**EXERCISE OBJECTIVE**. Taking the line that contains "Alone-Kept s t _ inside none_yet" as the first, copy exactly every line through the last line of the records, and nothing else.

**STUDY MATERIAL**.
• • •
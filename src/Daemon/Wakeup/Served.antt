-- ===== src/Daemon/Wakeup/Served.antt =====
-- The steps of the daemon's thread alone.
use cpe_acs_connector_tr.Base.{
  ℕ, suc, ◌+◌, ◌≤◌, Bool, true, false, Option, none, some, ◌≡◌, ◌≢◌, ◌⊎◌, inl, inr, refl, sym,
  arith, Bool-cases,
}
use mathlib.Core.Path.{subst}
use cpe_acs_connector_tr.Platform.{Platform}
use cpe_acs_connector_tr.Daemon.{Daemon, WakeReason, wakes, is_timed, check_flags}
use cpe_acs_connector_tr.Daemon.Waiting.{Requested, Serves, check_flags-Serves}
use cpe_acs_connector_tr.Daemon.Wakeup.{
  Phase, testing, blocking, asleep, checking, returned, System, Step, test_true, test_false, block,
  timeout, serve, spurious, wait_again, request, notify,
}

-- The steps of a wait that no other thread has part in, and that have a reason: a sleep ends at its
-- period alone.
abbrev pub is_own : {S : Type 0} {p : Platform S} {s t : System S} → Step p s t → Bool
is_own (test_true at w) = true
is_own (test_false at w) = true
is_own (block at) = true
is_own (spurious at) = false
is_own (timeout at timed) = true
is_own (serve r d at served) = true
is_own (wait_again r d at) = false
is_own (request r) = false
is_own (notify n more) = false

-- A number of such steps.
pub data Alone {S : Type 0} (p : Platform S) (s : System S) : ℕ → System S → Type 0 where
  none_yet : Alone p s 0 s
  one_more :
      {n : ℕ} {t u : System S}
      → Alone p s n t
      → (st : Step p t u) → (is_own st ≡ true)
      → Alone p s (suc n) u

-- How many are left at most.
abbrev left : Phase → ℕ
left testing = 4
left blocking = 3
left asleep = 2
left checking = 1
left (returned r) = 0

module _ {S : Type 0} (p : Platform S) where
  -- The wait has returned a reason that the flags ask for, or a next step is there.
  abbrev pub ReturnedOrGoesOn : System S → System S → Type 0
  ReturnedOrGoesOn s t =
      ((r : WakeReason) × (t.phase ≡ returned r) × Requested r s.daemon.flags)
      ⊎ ((u : System S) × (st : Step p t u) × (is_own st ≡ true))

  abbrev Kept : System S → ℕ → System S → Type 0
  Kept s n t =
      (n + left t.phase ≤ 4)
      × (((r : WakeReason) × (t.phase ≡ returned r) × Requested r s.daemon.flags)
          ⊎ ((t.daemon ≡ s.daemon) × ((r : WakeReason) → t.phase ≢ returned r)))

  checking-goes_on :
      (t : System S)
      → t.phase ≡ checking
      → is_timed t.daemon.config ≡ true
      → (u : System S) × (st : Step p t u) × (is_own st ≡ true)
  checking-goes_on t at timed =
      go (check_flags p t.daemon.flags t.daemon) refl (check_flags-Serves p t.daemon.flags t.daemon)
    where
      go :
          (o : Option (WakeReason × Daemon S))
          → check_flags p t.daemon.flags t.daemon ≡ o
          → Serves p t.daemon.flags (is_timed t.daemon.config) o
          → (u : System S) × (st : Step p t u) × (is_own st ≡ true)
      go none e (w, untimed) = absurd cc
      go (some (r, d)) e served = (_, serve r d at e, refl)

  goes_on :
      (t : System S)
      → is_timed t.daemon.config ≡ true
      → ((r : WakeReason) → t.phase ≢ returned r)
      → (u : System S) × (st : Step p t u) × (is_own st ≡ true)
  goes_on t timed inside = go t.phase refl
    where
      go :
          (phase : Phase)
          → t.phase ≡ phase
          → (u : System S) × (st : Step p t u) × (is_own st ≡ true)
      go testing at = elim (Bool-cases (wakes t.daemon.flags)) [
        | inl w ↦ (_, test_true at w, refl)
        | inr w ↦ (_, test_false at w, refl)
      ]
      go blocking at = (_, block at, refl)
      go asleep at = (_, timeout at timed, refl)
      go checking at = checking-goes_on t at timed
      go (returned r) at = absurd (inside r at)

  unmoved :
      (s t : System S) (n : ℕ)
      → ((r : WakeReason) → t.phase ≢ returned r)
      → Kept s n t
      → t.daemon ≡ s.daemon
  unmoved s t n inside (few, inl (r, e, asked)) = absurd (inside r e)
  unmoved s t n inside (few, inr (same, within)) = same

  serve-Requested :
      (s t : System S) (r : WakeReason) (d : Daemon S)
      → t.daemon ≡ s.daemon
      → check_flags p t.daemon.flags t.daemon ≡ some (r, d)
      → Requested r s.daemon.flags
  serve-Requested s t r d same served =
      let serves = rw served at (check_flags-Serves p t.daemon.flags t.daemon) in
      subst (λ (x : Daemon S). Requested r x.flags) same serves.0

  step-Kept :
      (s t u : System S) (n : ℕ) (st : Step p t u)
      → is_own st ≡ true
      → Kept s n t
      → Kept s (suc n) u
  step-Kept s t u n (spurious at) own h = absurd cc
  step-Kept s t u n (wait_again r d at) own h = absurd cc
  step-Kept s t u n (request r) own h = absurd cc
  step-Kept s t u n (notify m more) own h = absurd cc
  step-Kept s t u n (test_true at w) own h =
      (omega (arith, rw at at h.0), inr (unmoved s t n (λ r. λ e. cc) h, λ r. λ e. cc))
  step-Kept s t u n (test_false at w) own h =
      (omega (arith, rw at at h.0), inr (unmoved s t n (λ r. λ e. cc) h, λ r. λ e. cc))
  step-Kept s t u n (block at) own h =
      (omega (arith, rw at at h.0), inr (unmoved s t n (λ r. λ e. cc) h, λ r. λ e. cc))
  step-Kept s t u n (timeout at timed) own h =
      (omega (arith, rw at at h.0), inr (unmoved s t n (λ r. λ e. cc) h, λ r. λ e. cc))
  step-Kept s t u n (serve r d at served) own h =
      let same = unmoved s t n (λ r'. λ e. cc) h in
      (omega (arith, rw at at h.0), inl (r, refl, serve-Requested s t r d same served))

  few_left : (phase : Phase) → left phase ≤ 4
  few_left testing = omega arith
  few_left blocking = omega arith
  few_left asleep = omega arith
  few_left checking = omega arith
  few_left (returned r) = omega arith

  Alone-Kept :
      (s t : System S) (n : ℕ)
      → ((r : WakeReason) → s.phase ≢ returned r)
      → Alone p s n t
      → Kept s n t
  Alone-Kept s t _ inside none_yet = (omega (arith, few_left s.phase), inr (refl, inside))
  Alone-Kept s t _ inside (one_more {n = n} {t = t'} a st own) =
      step-Kept s t' t n st own (Alone-Kept s t' n inside a)

  -- Where a period is set, a wait returns: wherever the daemon's thread stands in it, and whatever
  -- was missed, if no other thread moves, no sleep ends for no reason and the period runs out, then
  -- whatever steps it makes, there are four at most, and until it has returned a reason that the
  -- flags ask for, a request if there is one, there is a next one.
  pub wait_returns :
      (s t : System S) (n : ℕ)
      → is_timed s.daemon.config ≡ true
      → ((r : WakeReason) → s.phase ≢ returned r)
      → Alone p s n t
      → (n ≤ 4) × ReturnedOrGoesOn s t
  wait_returns s t n timed inside a = go (Alone-Kept s t n inside a)
    where
      go : Kept s n t → (n ≤ 4) × ReturnedOrGoesOn s t
      go (few, inl returned_one) = (omega (arith, few), inl returned_one)
      go (few, inr (same, within)) = (
        omega (arith, few),
        inr (
            goes_on t (subst (λ (x : Daemon S). is_timed x.config ≡ true) (sym same) timed) within),
      )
• • •
**TASK ANSWER**.
  Alone-Kept s t _ inside none_yet = (omega (arith, few_left s.phase), inr (refl, inside))
  Alone-Kept s t _ inside (one_more {n = n} {t = t'} a st own) =
      step-Kept s t' t n st own (Alone-Kept s t' n inside a)

  -- Where a period is set, a wait returns: wherever the daemon's thread stands in it, and whatever
  -- was missed, if no other thread moves, no sleep ends for no reason and the period runs out, then
  -- whatever steps it makes, there are four at most, and until it has returned a reason that the
  -- flags ask for, a request if there is one, there is a next one.
  pub wait_returns :
      (s t : System S) (n : ℕ)
      → is_timed s.daemon.config ≡ true
      → ((r : WakeReason) → s.phase ≢ returned r)
      → Alone p s n t
      → (n ≤ 4) × ReturnedOrGoesOn s t
  wait_returns s t n timed inside a = go (Alone-Kept s t n inside a)
    where
      go : Kept s n t → (n ≤ 4) × ReturnedOrGoesOn s t
      go (few, inl returned_one) = (omega (arith, few), inl returned_one)
      go (few, inr (same, within)) = (
        omega (arith, few),
        inr (
            goes_on t (subst (λ (x : Daemon S). is_timed x.config ≡ true) (sym same) timed) within),
      )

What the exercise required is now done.